The moment he said "everything is so political nowadays" I knew immediately where the conversation was heading.
Unless you actually know what insane shit she has been saying, the dude was so god damn vague about the exact statements she has made that if you didn't know any better it would seem like the "hate" she gets is unwarranted.
He brings up how the boycott of the recent wizard game was a failure and is "sad how no one can have an opinion anymore" and I'm like huh ????
Not ONCE does he bring up the word "transphobic" but only relies on calling the things she had said "opinions".
His language was so deceptive and frankly cowardly so he could manage to stay "neutral" in a way of which his audience would praise and applaud him for.

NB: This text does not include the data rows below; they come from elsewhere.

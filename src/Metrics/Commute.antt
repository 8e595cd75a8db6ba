-- ===== src/Metrics/Commute.antt =====
-- On internal/metrics/metrics.go: counts in either order.
use the_500mb_club_challenge.Metrics.Order.{keys, render_vec-Perm}
use mathlib.Core.Path.{subst}
use the_500mb_club_challenge.Metrics.{with_value, add_sample, CounterVec, find, Series, render_vec}
use mathlib.Core.List.{map-append, Perm}
use mathlib.Core.List.Perm
use the_500mb_club_challenge.Prelude.{
  Option, append_assoc, bytes_eq_sound, Option-cases, bytes_eq_refl, some, bytes_eq, none, ◌++◌,
  inr, inl, Bool-cases, ap, false, sym, ◌∷◌, ◌∙◌, [], Bytes, ℕ, ◌≡◌, refl,
}
use the_500mb_club_challenge.Metrics.Series.{find-count_comm, counted, find-counted}

-- The keys, one more where `k` is new.
keys-add_sample : (k : Bytes) (n : ℕ) (s : Series) → keys (add_sample k n s) ≡ keys s
unfolding add_sample
keys-add_sample k n [] = refl
keys-add_sample k n ((j, v) ∷ s) = elim (Bool-cases (bytes_eq k j)) [
  | inl e ↦ rw e refl
  | inr e ↦ rw e (ap (λ t. j ∷ t) (keys-add_sample k n s))
]

keys_found : (k : Bytes) (n v : ℕ) (s : Series) → find k s ≡ some v → keys (counted k n s) ≡ keys s
unfolding counted with_value
keys_found k n v s h = rw (counted, with_value, h) (keys-add_sample k n s)

keys_missing :
    (k : Bytes) (n : ℕ) (s : Series) → find k s ≡ none → keys (counted k n s) ≡ keys s ++ k ∷ []
unfolding counted with_value
keys_missing k n s h =
    rw (counted, with_value, h)
      (keys-add_sample k n (s ++ (k, 0) ∷ [])
        ∙ map-append (λ (kv : Bytes × ℕ). kv.0) s ((k, 0) ∷ []))

-- A key that is not counted stays missing, or found.
find-count_other :
    (k j : Bytes) (n : ℕ) (s : Series) (r : Option ℕ)
    → bytes_eq j k ≡ false
    → find j s ≡ r
    → find j (counted k n s) ≡ r
find-count_other k j n s r d h = (find-counted k n s).1 j d ∙ h

bytes_eq_sym : (a b : Bytes) → bytes_eq a b ≡ false → bytes_eq b a ≡ false
bytes_eq_sym a b h = elim (Bool-cases (bytes_eq b a)) [
  | inl e ↦
      absurd
        (cc (subst (λ t. bytes_eq t b ≡ false) (sym (bytes_eq_sound b a e)) h, bytes_eq_refl b))
  | inr e ↦ e
]

-- Counts of two keys, in either order, have the same keys.
keys-count_comm :
    (a b : Bytes) (m n : ℕ) (s : Series)
    → bytes_eq a b ≡ false
    → Perm (keys (counted a m (counted b n s))) (keys (counted b n (counted a m s)))
keys-count_comm a b m n s d =
    let d' = bytes_eq_sym a b d in
    elim (Option-cases (find a s)) [
      | inl p ↦ elim (Option-cases (find b s)) [
        | inl q ↦
            rw
              (
                keys_missing a m (counted b n s) (find-count_other b a n s none d p),
                keys_missing b n s q,
                keys_missing b n (counted a m s) (find-count_other a b m s none d' q),
                keys_missing a m s p,
                append_assoc (keys s) (b ∷ []) (a ∷ []),
                append_assoc (keys s) (a ∷ []) (b ∷ []),
              )
              (Perm.append_left (keys s) (Perm.swap a b []))
        | inr (v, q) ↦
            rw
              (
                keys_missing a m (counted b n s) (find-count_other b a n s none d p),
                keys_found b n v s q,
                keys_found b n v (counted a m s) (find-count_other a b m s (some v) d' q),
                keys_missing a m s p,
              )
              Perm.rfl
      ]
      | inr (u, p) ↦ elim (Option-cases (find b s)) [
        | inl q ↦
            rw
              (
                keys_found a m u (counted b n s) (find-count_other b a n s (some u) d p),
                keys_missing b n s q,
                keys_missing b n (counted a m s) (find-count_other a b m s none d' q),
                keys_found a m u s p,
              )
              Perm.rfl
        | inr (v, q) ↦
            rw
              (
                keys_found a m u (counted b n s) (find-count_other b a n s (some u) d p),
                keys_found b n v s q,
                keys_found b n v (counted a m s) (find-count_other a b m s (some v) d' q),
                keys_found a m u s p,
              )
              Perm.rfl
      ]
    ]

-- Counts of one key are found there.
keys-count_again :
    (k : Bytes) (m n : ℕ) (s : Series) → keys (counted k m (counted k n s)) ≡ keys (counted k n s)
keys-count_again k m n s = keys_found k m _ (counted k n s) (find-counted k n s).0

keys-count_same : (k : Bytes) (m n : ℕ) (s : Series) → keys (counted k n s) ≡ keys (counted k m s)
keys-count_same k m n s = elim (Option-cases (find k s)) [
  | inl p ↦ keys_missing k n s p ∙ sym (keys_missing k m s p)
  | inr (v, p) ↦ keys_found k n v s p ∙ sym (keys_found k m v s p)
]

keys-count_twice :
    (k : Bytes) (m n : ℕ) (s : Series)
    → Perm (keys (counted k m (counted k n s))) (keys (counted k n (counted k m s)))
keys-count_twice k m n s =
    rw (keys-count_again k m n s, keys-count_again k n m s, keys-count_same k m n s) Perm.rfl

-- Two counts, of the same label value or of different ones, leave the same rendered text whichever
-- comes first, also where they make their cells.
pub render_vec-counted_comm :
    (cv : CounterVec) (a b : Bytes) (m n : ℕ)
    → render_vec (record cv { series = counted a m (counted b n cv.series) })
      ≡ render_vec (record cv { series = counted b n (counted a m cv.series) })
render_vec-counted_comm cv a b m n =
    render_vec-Perm (record cv { series = counted a m (counted b n cv.series) })
      (counted b n (counted a m cv.series))
      (elim (Bool-cases (bytes_eq a b)) [
        | inl e ↦
            subst
              (λ t.
                Perm (keys (counted a m (counted t n cv.series)))
                  (keys (counted t n (counted a m cv.series))))
              (bytes_eq_sound a b e) (keys-count_twice a m n cv.series)
        | inr e ↦ keys-count_comm a b m n cv.series e
      ])
      (λ k. find-count_comm a b k m n cv.series)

Let's not take into account of how her "opinions" are advocating for actual death of a group of people.
And to act as if people who are rightfully upset over the continuous support of a women who funds for such hateful groups as just the biproduct of cancel culture is insane to me.
Ofc the only comment below the video which brings up how the dude kept downplaying her hatred towards Trans ppl as just her "opinions" got the response of "imagine getting cancelled for believing in biology".
Really God damn annoyed i tell you, and as much as I want to leave a comment detailing my frustration under the video I have a feeling I will get dogpiled by absolute imbeciles so Imma just let it out all here
Already got that channel off my radar and now with this rant I feel a bit better which is nice.
Film bros content on YouTube walks on such a fine line of having actually constructive criticism while still being empathetic and then there are the ones who disguise their hatred for today's sociopolitical climate as constructive criticism.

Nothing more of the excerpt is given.